Exercise goal:
Return the data below exactly, but only from the line containing "-- transfer to" through the line containing "print_digits (suc fuel)", with both of those lines included.

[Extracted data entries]
Segment Open

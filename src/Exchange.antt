-- ===== src/Exchange.antt =====
-- src/etdc_etdserver.cc: ETDServer::sendFile and ETDServer::getFile, which move the bytes of a
-- transfer to or from a data server. The number of bytes left, an off_t, is at most 0 where it is 0
-- here: the loops only ask whether it is positive.
mod Calls
pub mod Decimal
mod Loops
mod Tests
use etransfer.Common.{
  ℕ, zero, suc, ◌-◌, ◌+◌, ◌/◌, ◌%◌, ◌^◌, ◌*◌, min, Bool, true, false, List, [], ◌∷◌, ◌++◌, Option,
  none, some, Bytes, codes, Result, ok, err, Failure, out_of_fuel, read_failed, read_hung_up,
  write_failed, write_zero, not_my_uuid, not_initialized, not_for_reading, not_for_writing,
  not_connected, length, bytes_eq, not, ltb, ◌==◌, if◌then◌else◌,
}
use etransfer.Common.Int.{ℤ, pos, negsuc}
use etransfer.Fd.{EtdcFd}
use etransfer.OpenMode.{OpenMode, new, over_write, resume, read, skip_existing, invalid}
use etransfer.Copy.{write_all, await_ack, send_ack}
use etransfer.Files.{Store}
use etransfer.State.{Transfer, EtdState, SockName, find_uuid}
use etransfer.Server.{Attempt, again, done, is_read_mode}

-- The decimal digits that operator<< writes in front of `rest`; n + 1 rounds are enough.
unfoldable pub print_digits : ℕ → ℕ → Bytes → Bytes
print_digits zero n rest = rest
print_digits (suc fuel) n rest =
    let more = print_digits fuel (n / 10) ((b'0' + n % 10) ∷ rest) in
    if ltb n 10 then (b'0' + n) ∷ rest else more

unfoldable pub print_ℕ : ℕ → Bytes
unfolding print_digits
print_ℕ n = print_digits (suc n) n []

-- The command that goes to the data server in front of the bytes, or to ask for them.
unfoldable pub send_header : Bytes → ℕ → Bytes
unfolding print_ℕ
send_header uuid todo = codes "{ uuid:" ++ (uuid ++ (codes ", sz:" ++ (print_ℕ todo ++ codes "}")))

unfoldable pub get_header : Bytes → ℕ → Bytes
unfolding print_ℕ
get_header uuid todo =
    codes "{ uuid:" ++ (uuid ++ (codes ", push:1, sz:" ++ (print_ℕ todo ++ codes "}")))

-- allowedWriteModes of getFile
unfoldable pub may_fill : OpenMode → Bool
may_fill over_write = true
may_fill new = true
may_fill resume = true
may_fill m = false

abbrev pub buf_size : ℕ
buf_size = 32 * 1024 * 1024

module _ {W : Type 0} where
  -- The inner `while( todo>0 )` of sendFile.
  unfoldable pub send_loop : ℕ → EtdcFd W → EtdcFd W → ℕ → ℕ → W → W × Result (Unit {0})
  unfolding write_all
  send_loop fuel src dst buf_sz zero w = (w, ok tt)
  send_loop zero src dst buf_sz (suc todo) w = (w, err out_of_fuel)
  send_loop (suc fuel) src dst buf_sz (suc todo) w =
      let (w', r) = src.read (min (suc todo) buf_sz) w in
      elim r [
        | none ↦ (w', err read_failed)
        | some bs ↦ elim bs [
          | [] ↦ (w', err read_hung_up)
          | b ∷ more ↦
              let (w'', written) = write_all (length (b ∷ more)) dst (b ∷ more) 0 w' in
              elim written [
                | err e ↦ (w'', err e)
                | ok k ↦ send_loop fuel src dst buf_sz (suc todo - k) w''
              ]
        ]
      ]

  -- The inner `while( todo>0 )` of getFile: what one write leaves of the buffer is not written again.
  unfoldable pub get_loop : ℕ → EtdcFd W → EtdcFd W → ℕ → ℕ → W → W × Result (Unit {0})
  get_loop fuel src dst buf_sz zero w = (w, ok tt)
  get_loop zero src dst buf_sz (suc todo) w = (w, err out_of_fuel)
  get_loop (suc fuel) src dst buf_sz (suc todo) w =
      let (w', r) = src.read buf_sz w in
      elim r [
        | none ↦ (w', err read_failed)
        | some bs ↦ elim bs [
          | [] ↦ (w', err read_hung_up)
          | b ∷ more ↦
              let (w'', took) = dst.write (b ∷ more) w' in
              elim took [
                | none ↦ (w'', err write_failed)
                | some zero ↦ (w'', err write_zero)
                | some (suc k) ↦ get_loop fuel src dst buf_sz (suc todo - suc k) w''
              ]
        ]
      ]

  -- What is done on a connection: the header goes out, whether or not all of it is taken, and the
  -- bytes follow. The loops are given as many rounds as there are bytes.
  unfoldable pub send_over : EtdcFd W → EtdcFd W → Bytes → ℕ → W → W × Result (Unit {0})
  unfolding send_loop await_ack send_header
  send_over file sock uuid todo w =
      let w' = (sock.write (send_header uuid todo) w).0 in
      await_ack sock (send_loop todo file sock buf_size todo w')

  unfoldable pub get_over : EtdcFd W → EtdcFd W → Bytes → ℕ → W → W × Result (Unit {0})
  unfolding get_loop send_ack get_header
  get_over file sock uuid todo w =
      let w' = (sock.write (get_header uuid todo) w).0 in
      send_ack sock (get_loop todo sock file buf_size todo w')

  -- The end of a call that had a connection, which the destructor closes.
  unfoldable pub hang_up :
      EtdcFd (Store W)
      → EtdState W
      → Store W × Result (Unit {0})
      → EtdState W × Attempt (Result Bool)
  hang_up sock st (s, err e) = (record st { store = sock.close s }, done (err e))
  hang_up sock st (s, ok _) = (record st { store = sock.close s }, done (ok true))

  -- The rest of either call once there is a connection or none.
  unfoldable pub over_connection :
      (EtdcFd (Store W) → Store W → Store W × Result (Unit {0}))
      → EtdState W
      → Store W × Option (EtdcFd (Store W))
      → EtdState W × Attempt (Result Bool)
  unfolding hang_up
  over_connection run st (s, none) = (record st { store = s }, done (err not_connected))
  over_connection run st (s, some sock) = hang_up sock st (run sock s)

-- mk_client makes a connection to a data server, or throws.
module _ {W : Type 0} (mk_client : SockName → Store W → Store W × Option (EtdcFd (Store W))) where
  -- `for(auto addr: dataAddrs)`: the first that can be reached.
  unfoldable pub connect : List SockName → Store W → Store W × Option (EtdcFd (Store W))
  connect [] s = (s, none)
  connect (a ∷ addrs) s =
      let (s', r) = mk_client a s in
      let rest = connect addrs s' in elim r [ some fd ↦ (s', some fd) | none ↦ rest ]

  -- Either call from the search for the transfer on: one round of `while( todo>0 )`, which is the
  -- last unless the transfer is locked. `right_mode` tells which modes may go on.
  unfoldable pub with_transfer :
      Bytes
      → (OpenMode → Bool)
      → Failure
      → List SockName
      → (EtdcFd (Store W) → EtdcFd (Store W) → Store W → Store W × Result (Unit {0}))
      → EtdState W
      → EtdState W × Attempt (Result Bool)
  unfolding find_uuid connect over_connection
  with_transfer mine right_mode wrong addrs run st = elim (find_uuid mine st.transfers) [
    | none ↦ (st, done (err not_initialized))
    | some t ↦ elim t.locked [
      | true ↦ (st, again)
      | false ↦ elim (right_mode t.open_mode) [
        | false ↦ (st, done (err wrong))
        | true ↦ over_connection (run t.fd) st (connect addrs st.store)
      ]
    ]
  ]

  -- ETDServer::sendFile
  unfoldable pub send_file :
      Bytes → Bytes → Bytes → ℤ → List SockName → EtdState W → EtdState W × Attempt (Result Bool)
  unfolding with_transfer send_over is_read_mode
  send_file mine src_uuid dst_uuid todo addrs st =
      if not (bytes_eq src_uuid mine) then (st, done (err not_my_uuid)) else elim todo [
        | pos (suc n) ↦
            with_transfer mine is_read_mode not_for_reading addrs
              (λ file sock s. send_over file sock dst_uuid (suc n) s) st
        | _ ↦ (st, done (ok true))
      ]

  -- ETDServer::getFile
  unfoldable pub get_file :
      Bytes → Bytes → Bytes → ℤ → List SockName → EtdState W → EtdState W × Attempt (Result Bool)
  unfolding with_transfer get_over may_fill
  get_file mine src_uuid dst_uuid todo addrs st =
      if not (bytes_eq dst_uuid mine) then (st, done (err not_my_uuid)) else elim todo [
        | pos (suc n) ↦
            with_transfer mine may_fill not_for_writing addrs
              (λ file sock s. get_over file sock src_uuid (suc n) s) st
        | _ ↦ (st, done (ok true))
      ]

Segment Closed

Exercise result:
-- transfer to or from a data server. The number of bytes left, an off_t, is at most 0 where it is 0
-- here: the loops only ask whether it is positive.
mod Calls
pub mod Decimal
mod Loops
mod Tests
use etransfer.Common.{
  ℕ, zero, suc, ◌-◌, ◌+◌, ◌/◌, ◌%◌, ◌^◌, ◌*◌, min, Bool, true, false, List, [], ◌∷◌, ◌++◌, Option,
  none, some, Bytes, codes, Result, ok, err, Failure, out_of_fuel, read_failed, read_hung_up,
  write_failed, write_zero, not_my_uuid, not_initialized, not_for_reading, not_for_writing,
  not_connected, length, bytes_eq, not, ltb, ◌==◌, if◌then◌else◌,
}
use etransfer.Common.Int.{ℤ, pos, negsuc}
use etransfer.Fd.{EtdcFd}
use etransfer.OpenMode.{OpenMode, new, over_write, resume, read, skip_existing, invalid}
use etransfer.Copy.{write_all, await_ack, send_ack}
use etransfer.Files.{Store}
use etransfer.State.{Transfer, EtdState, SockName, find_uuid}
use etransfer.Server.{Attempt, again, done, is_read_mode}

-- The decimal digits that operator<< writes in front of `rest`; n + 1 rounds are enough.
unfoldable pub print_digits : ℕ → ℕ → Bytes → Bytes
print_digits zero n rest = rest
print_digits (suc fuel) n rest =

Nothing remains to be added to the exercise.